Upon the entry of a plea of not guilty, coupled with appropriate waiver of trial by jury, the cause was submitted to the court on the transcript of the testimony given at the preliminary examination. Following his conviction and the denial of his motion for a new trial, defendant was sentenced to a term in the county jail, which sentence was suspended, and he was placed on probation. From such judgment and order denying him a new trial defendant prosecutes this appeal.

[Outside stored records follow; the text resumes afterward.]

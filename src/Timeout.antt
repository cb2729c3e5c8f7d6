-- ===== src/Timeout.antt =====
-- Timeouts of tasks (core/src/ktimer.c): arming and disarming the node of a task, readying the
-- tasks whose time is over, the sleeping calls and the tick handler of core/src/ksch.c.
pub mod Node
pub mod Expire
pub mod Sleep
pub mod Frame
pub mod Tick
mod Tests
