-- ===== src/Timeout/Sleep.antt =====
-- The sleeping calls (core/src/ktimer.c). They return to the caller when the task runs again.
use rk.Base.{ℕ, ◌-◌, ◌*◌, ◌/◌, Bool, true, ◌||◌, none, ltb, ◌==◌, if◌then◌else◌}
use rk.Base.Word.{add_word}
use rk.Err.{
  Err, success, invalid_isr_primitive, task_invalid_st, invalid_param, timeout, elapsed_period,
}
use rk.Kernel.{Kernel, Status, TimeoutType, set_task}
use rk.Delta.Tick.{
  max_period, tick_add, tick_delta, tick_is_elapsed, release_factor, release_wake, release_delay,
}
use rk.Sched.Resched.{pend_switch, status_eq_running}
use rk.Sched.Switch.{set_status}
use rk.Timeout.Node.{setup, add, reset}

-- kTimerRunningTaskErr_ with task `r` in RK_gRunPtr
unfoldable pub running_err : Kernel → ℕ → Err
unfolding status_eq_running
running_err k r =
    if k.in_isr
    then invalid_isr_primitive
    else (if status_eq_running (k.tasks r).status then success else task_invalid_st)

-- the common end: arm the node of the running task and switch
unfoldable pub sleep_result : Err × Kernel → ℕ → Status → Err × Kernel
unfolding reset pend_switch
sleep_result (success, k) r s = (success, pend_switch (set_status k r s))
sleep_result (e, k) r s = (e, reset k r)

unfoldable pub fall_asleep : Kernel → ℕ → ℕ → Status → Err × Kernel
unfolding add sleep_result
fall_asleep k r ticks s = sleep_result (add (setup k r TimeoutType.time_event none) r ticks) r s

-- kSleepDelay
unfoldable pub sleep_delay : Kernel → ℕ → ℕ → Err × Kernel
unfolding running_err fall_asleep
sleep_delay k r ticks = elim (running_err k r) [
  | success ↦
      if ltb max_period ticks
      then (invalid_param, k)
      else (if ticks == 0 then (timeout, k) else fall_asleep k r ticks Status.sleeping_delay)
  | e ↦ (e, k)
]

abbrev pub set_overrun : Kernel → ℕ → Bool → Kernel
set_overrun k r late =
    let c = k.tasks r in
    if late then set_task k r (record c { overrun_count = add_word c.overrun_count 1 }) else k

abbrev pub set_wake_time : Kernel → ℕ → ℕ → Kernel
set_wake_time k r w = set_task k r (record (k.tasks r) { wake_time = w })

-- the fallback of kSleepRelease on a delay of 0
unfoldable pub phase_delay : ℕ → ℕ → ℕ
phase_delay current period =
    let rest = current - current / period * period in if rest == 0 then period else period - rest

-- kSleepRelease with its parameter in range
unfoldable pub release : Kernel → ℕ → ℕ → Err × Kernel
unfolding release_factor release_wake release_delay phase_delay fall_asleep
release k r period =
    let base = (k.tasks r).wake_time in
    let k' = set_overrun k r (ltb 1 (release_factor base k.global_tick period)) in
    if release_delay base k.global_tick period == 0
    then (let d = phase_delay k.global_tick period in
        fall_asleep (set_wake_time k' r (tick_add k.global_tick d)) r d Status.sleeping_release)
    else fall_asleep (set_wake_time k' r (release_wake base k.global_tick period)) r
        (release_delay base k.global_tick period) Status.sleeping_release

-- kSleepRelease
unfoldable pub sleep_release : Kernel → ℕ → ℕ → Err × Kernel
unfolding running_err release
sleep_release k r period = elim (running_err k r) [
  | success ↦
      if (period == 0) || ltb max_period period then (invalid_param, k) else release k r period
  | e ↦ (e, k)
]

-- kSleepUntil with its parameters in range; the caller's tick is returned as it is left
unfoldable pub until : Kernel → ℕ → ℕ → ℕ → Err × Kernel × ℕ
unfolding tick_is_elapsed fall_asleep
until k r last ticks =
    let last' = tick_add last ticks in
    if tick_is_elapsed last' k.global_tick
    then (elapsed_period, set_overrun k r true, last')
    else (let (e, k') = fall_asleep k r (tick_delta last' k.global_tick) Status.sleeping_until in
        (e, k', last'))

-- kSleepUntil of a tick that is there
unfoldable pub sleep_until : Kernel → ℕ → ℕ → ℕ → Err × Kernel × ℕ
unfolding running_err until
sleep_until k r last ticks = elim (running_err k r) [
  | success ↦
      if (ticks == 0) || ltb max_period ticks
      then (invalid_param, k, last)
      else until k r last ticks
  | e ↦ (e, k, last)
]
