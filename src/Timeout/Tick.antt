-- ===== src/Timeout/Tick.antt =====
-- The loop over the expired timeouts does to the timeout list what `tick` of Delta does, and ends
-- within its fuel.
use rk.Base.{
  ℕ, zero, suc, ◌≤◌, ◌≡◌, ◌≢◌, refl, sym, ap, ◌∙◌, inl, inr, Bool, true, false, Option, none, some,
  List, [], ◌∷◌, ◌==◌, length, ltb, Bool-cases, arith,
}
use mathlib.Core.Path.{subst}
use rk.Base.Word.{ulong_max, add_word}
use rk.Base.Distinct.{All, NotIn, Distinct}
use rk.Err.{Err, success}
use rk.Kernel.{Kernel, TimeoutType, QueueRef, ready_queue, set_task}
use rk.Delta.{Node, dec_head, expire, tick, remove_node, donate}
use rk.Delta.Expiry.{ids, IsLive, tick-IsLive}
use rk.Sched.Queue.{prio_of, rem}
use rk.Sched.Prio.{mutex_owner}
use rk.Sched.Same.{SameChain, SameChain-refl, SameChain-trans, enq-SameChain, rem-SameChain}
use rk.Sched.Chain.{update_chain-SameChain}
use rk.Timeout.Node.{node_of, remove, reset}
use rk.Timeout.Expire.{
  wake, waiter_removed, update_owner_prio, leave_queue, node_ready, node_ready_by, expire_loop,
  handle_timeouts, chain_fuel,
}

-- the timeout list and the nodes of the other tasks, unchanged
record Keeps (k k' : Kernel) (t : ℕ) : Type 0 where
  timeouts : k'.timeouts ≡ k.timeouts
  node : (u : ℕ) → u ≢ t → node_of k' u ≡ node_of k u

Keeps-trans : {k k' k'' : Kernel} {t : ℕ} → SameChain k k' → Keeps k' k'' t → Keeps k k'' t
Keeps-trans s h = record { timeouts = h.timeouts ∙ s.timeouts; node = λ u n. h.node u n ∙ s.node u }

wake-Keeps : (k : Kernel) (t : ℕ) (b : Bool) → Keeps k (wake k t b) t
unfolding wake reset
wake-Keeps k t b =
    let s = enq-SameChain k (ready_queue (prio_of k t)) t in
    record { timeouts = s.timeouts; node = λ u n. ground (arith, n, s.node u) }

leave_queue-SameChain : (k : Kernel) (o : Option QueueRef) (t : ℕ) → SameChain k (leave_queue k o t)
unfolding leave_queue waiter_removed update_owner_prio
leave_queue-SameChain k none t = SameChain-refl k
leave_queue-SameChain k (some q) t =
    let k' = rem k q t in
    SameChain-trans (rem-SameChain k q t)
      (update_chain-SameChain chain_fuel k' (mutex_owner k' (k'.tasks t).waiting_for_mutex))

node_ready_by-Keeps : (k : Kernel) (t : ℕ) (y : TimeoutType) → Keeps k (node_ready_by k t y).1 t
unfolding node_ready_by
node_ready_by-Keeps k t TimeoutType.unset = record { timeouts = refl; node = λ u n. refl }
node_ready_by-Keeps k t TimeoutType.blocking =
    Keeps-trans (leave_queue-SameChain k (node_of k t).waiting_queue t) (wake-Keeps _ t true)
node_ready_by-Keeps k t TimeoutType.event_flags = wake-Keeps k t true
node_ready_by-Keeps k t TimeoutType.time_event = wake-Keeps k t (k.tasks t).time_out

node_ready-Keeps : (k : Kernel) (t : ℕ) → Keeps k (node_ready k t).1 t
unfolding node_ready
node_ready-Keeps k t = node_ready_by-Keeps k t (node_of k t).timeout_type

-- the kernel once the head `t` is unlinked
abbrev unlinked : Kernel → ℕ → Kernel
unlinked k t =
    set_task (record k { timeouts = remove_node k.timeouts t }) t
      (record (k.tasks t) { timeout_node = record (node_of k t) { armed = false } })

remove-armed :
    (k : Kernel) (t : ℕ) → (node_of k t).armed ≡ true → remove k t ≡ (success, unlinked k t)
unfolding remove
remove-armed k t e = rw (e, remove) refl

-- what the loop relies on: the linked nodes are armed, and their deltas are words
abbrev pub AllArmed : Kernel → List Node → Type 0
AllArmed k = All (λ c. ((node_of k c.id).armed ≡ true) × (c.dtick ≤ ulong_max))

AllArmed-keeps :
    (k k' : Kernel) (ns : List Node) (t : ℕ)
    → ((u : ℕ) → u ≢ t → node_of k' u ≡ node_of k u)
    → NotIn t (ids ns)
    → AllArmed k ns
    → AllArmed k' ns
AllArmed-keeps k k' [] t f n h = tt
AllArmed-keeps k k' (c ∷ cs) t f n h = (
  (ap (λ x. x.armed) (f c.id (λ e. n.0 (sym e))) ∙ h.0.0, h.0.1),
  AllArmed-keeps k k' cs t f n.1 h.1,
)

donate_none : (k : Kernel) (d : ℕ) (ns : List Node) → d ≡ 0 → AllArmed k ns → donate d ns ≡ ns
unfolding donate
donate_none k d [] z h = refl
donate_none k d (c ∷ cs) z h =
    ap (λ x. record c { dtick = x } ∷ cs) {x = add_word c.dtick d} {y = c.dtick}
      (omega (arith, z, h.0.1))

unlink-head : (c : Node) (cs : List Node) → remove_node (c ∷ cs) c.id ≡ donate c.dtick cs
unfolding remove_node
unlink-head c cs = ground arith

-- the kernel after one turn of the loop on node `t`
abbrev turned : Kernel → ℕ → Kernel
turned k t = (node_ready (unlinked k t) t).1

turned-timeouts :
    (k : Kernel) (c : Node) (cs : List Node)
    → k.timeouts ≡ c ∷ cs
    → c.dtick ≡ 0
    → AllArmed k cs
    → (turned k c.id).timeouts ≡ cs
turned-timeouts k c cs e z h =
    (node_ready-Keeps (unlinked k c.id) c.id).timeouts
    ∙ ap (λ l. remove_node l c.id) e
    ∙ unlink-head c cs
    ∙ donate_none k c.dtick cs z h

turned-node : (k : Kernel) (t u : ℕ) → u ≢ t → node_of (turned k t) u ≡ node_of k u
turned-node k t u n = (node_ready-Keeps (unlinked k t) t).node u n ∙ ground (arith, n)

abbrev is_ok : Err → Bool
is_ok success = true
is_ok _ = false

loop_step :
    (n : ℕ) (k : Kernel) (c : Node) (cs : List Node) (last : Bool)
    → (node_of k c.id).armed ≡ true
    → (c.dtick == 0) ≡ true
    → let k' = turned k c.id in
      expire_loop (suc n) k (c ∷ cs) last
      ≡ expire_loop n k' k'.timeouts (is_ok (node_ready (unlinked k c.id) c.id).0)
unfolding expire_loop
loop_step n k c cs last a z = rw z (
    ap
      (λ (x : Err × Kernel).
        let k'' = (node_ready x.1 c.id).1 in
        let rest =
          expire_loop n k'' k''.timeouts
            (elim (node_ready x.1 c.id).0 [ success ↦ true | _ ↦ false ]) in
        elim x.0 as (λ y. Bool × Kernel) [ success ↦ rest | _ ↦ (false, x.1) ])
      (remove-armed k c.id a))

loop_refines :
    (n : ℕ) (k : Kernel) (ns : List Node) (last : Bool)
    → k.timeouts ≡ ns
    → length ns ≤ n
    → Distinct (ids ns)
    → AllArmed k ns
    → (expire_loop n k ns last).1.timeouts ≡ (expire ns).1
unfolding expire_loop expire
loop_refines zero k [] last e l d h = e
loop_refines (suc n) k [] last e l d h = e
loop_refines zero k (c ∷ cs) last e l d h = ground (arith, l)
loop_refines (suc n) k (c ∷ cs) last e l d h = elim (Bool-cases (c.dtick == 0)) [
  | inl z ↦
      let k' = turned k c.id in
      let b = is_ok (node_ready (unlinked k c.id) c.id).0 in
      let w = turned-timeouts k c cs e (ground (arith, z)) h.1 in
      ap (λ x. x.1.timeouts) (loop_step n k c cs last h.0.0 z)
      ∙ ap (λ x. (expire_loop n k' x b).1.timeouts) w
      ∙ loop_refines n k' cs b w (omega (arith, l)) d.1
          (AllArmed-keeps k k' cs c.id (turned-node k c.id) d.0 h.1)
      ∙ rw z refl
  | inr z ↦ rw z e
]

ids-dec_head : (ns : List Node) → ids (dec_head ns) ≡ ids ns
unfolding dec_head
ids-dec_head [] = refl
ids-dec_head (c ∷ cs) = elim (Bool-cases (ltb 0 c.dtick)) [ inl e ↦ rw e refl | inr e ↦ rw e refl ]

AllArmed-dec_head : (k : Kernel) (ns : List Node) → AllArmed k ns → AllArmed k (dec_head ns)
unfolding dec_head
AllArmed-dec_head k [] h = tt
AllArmed-dec_head k (c ∷ cs) h = elim (Bool-cases (ltb 0 c.dtick)) [
  | inl e ↦ rw e ((h.0.0, omega (arith, h.0.1)), h.1)
  | inr e ↦ rw e h
]

-- kHandleTimeoutList, on a list that links no node twice and whose nodes are armed with
-- deltas that are words, leaves the list that a tick of the delta list leaves, in which no
-- node is due.
pub handle_timeouts_refines :
    (k : Kernel)
    → Distinct (ids k.timeouts)
    → AllArmed k k.timeouts
    → let left = (handle_timeouts k).1.timeouts in (left ≡ (tick k.timeouts).1) × IsLive left
unfolding handle_timeouts tick
handle_timeouts_refines k d h =
    let ns = dec_head k.timeouts in
    let k' = record k { timeouts = ns } in
    let e =
      loop_refines (length ns) k' ns false refl (omega arith)
        (subst Distinct (sym (ids-dec_head k.timeouts)) d) (AllArmed-dec_head k k.timeouts h) in
    (e, subst IsLive (sym e) (tick-IsLive k.timeouts))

It is the contention of the attorney-general that because probation was granted an appeal from the judgment is ineffective. Such is .not our understanding of the law. It is only where no judgment is pronounced, and where prior to the rendition of any judgment the proceedings are suspended and the defendant is placed on probation, that he is without a right of appeal except from the order denying his motion for a new trial if such last-named motion is made.
(People
v.
De Voe,
Two grounds are here presented for a reversal: (1) That the court erred in receiving admissions of the defendant when no corpus delicti had been established; and (2) that the evidence is insufficient to sustain a conviction for violation of section 501 of the Vehicle Code.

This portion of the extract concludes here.